Con la vicinanza del periodo estivo, cominciano a farsi vedere anche le fastidiose zanzare, che spesso sono anche portatrici di malattie e infezioni. Quindi è opportuno iniziare a preparare e dotare le nostre finestre di zanzariere. Ecco come prepararne in casa.

Per prima cosa, prendete le misure degli infissi in cui volete applicare la zanzariera. Prendete le misure del telaio interno dell’infisso. Fatto questo, tagliate i listelli secondo le misure precedentemente prese. Preparate la colla per legno per incollare le giunture del telaio che state creando.

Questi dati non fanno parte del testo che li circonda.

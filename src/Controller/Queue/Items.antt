-- ===== src/Controller/Queue/Items.antt =====
-- What becomes of a key that is taken from the work queue.
use lib_bucket_provisioner.Base.{Text, ◌∷◌, ◌≡◌, refl}
use lib_bucket_provisioner.Cluster.Error.{wrapped, syncing}
use lib_bucket_provisioner.Cluster.Event.{key, requeued, forgotten, finished}
use lib_bucket_provisioner.Cluster.Env.{Env}
use lib_bucket_provisioner.Cluster.Monad.{
  Outcome, ok, err, panic, World, log, deferring, attempt, caught, logged_last, raise, ◌>>=◌,
  continue,
}
use lib_bucket_provisioner.Controller.Resources.{Controller}
use lib_bucket_provisioner.Controller.Sync.{sync_handler}
use lib_bucket_provisioner.Controller.Queue.{settle, process_item}

module _ {E : Env} where
  -- The outcome of an item and the log after it, from the outcome of its handler and the log then.
  abbrev pub settled : Text → Outcome (Unit {0}) → World E → Outcome (Unit {0}) × World E
  settled k (ok _) w = (ok tt, record w { trace = finished (key k) ∷ forgotten (key k) ∷ w.trace })
  settled k (err e) w =
      (err (wrapped syncing e), record w { trace = finished (key k) ∷ requeued (key k) ∷ w.trace })
  settled k panic w = (panic, record w { trace = finished (key k) ∷ w.trace })

  settled_after :
      (k : Text) (r : Outcome (Unit {0})) (w : World E)
      → (let (x, v) = caught r w in
          let (y, u) = continue x (settle k) v in logged_last (finished (key k)) y u)
        ≡ settled k r w
  unfolding caught continue settle log raise ◌>>=◌ logged_last
  settled_after k (ok _) w = refl
  settled_after k (err e) w = refl
  settled_after k panic w = refl

  -- A key whose handler succeeds is forgotten, one whose handler fails is queued again and its
  -- error passed on, and one whose handler panics is neither; in each case the queue is then told
  -- that the key is finished, last and once.
  pub process_item_lem :
      (c : Controller) (k : Text) (w : World E)
      → process_item c (key k) w ≡ settled k (sync_handler c k w).0 (sync_handler c k w).1
  unfolding process_item deferring attempt ◌>>=◌
  process_item_lem c k w = settled_after k (sync_handler c k w).0 (sync_handler c k w).1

Con l’aiuto delle morse, passate la colla vinilica sulle parti da incollare e ammorsate gli angoli. Attendete almeno ventiquattro ore per il completo incollaggio. Successivamente, prendete la rete per zanzariere, ritagliatela a misura con il telaio che avete preparato, avendo cura di lasciare un bordo di un paio di centimetri in più per lato.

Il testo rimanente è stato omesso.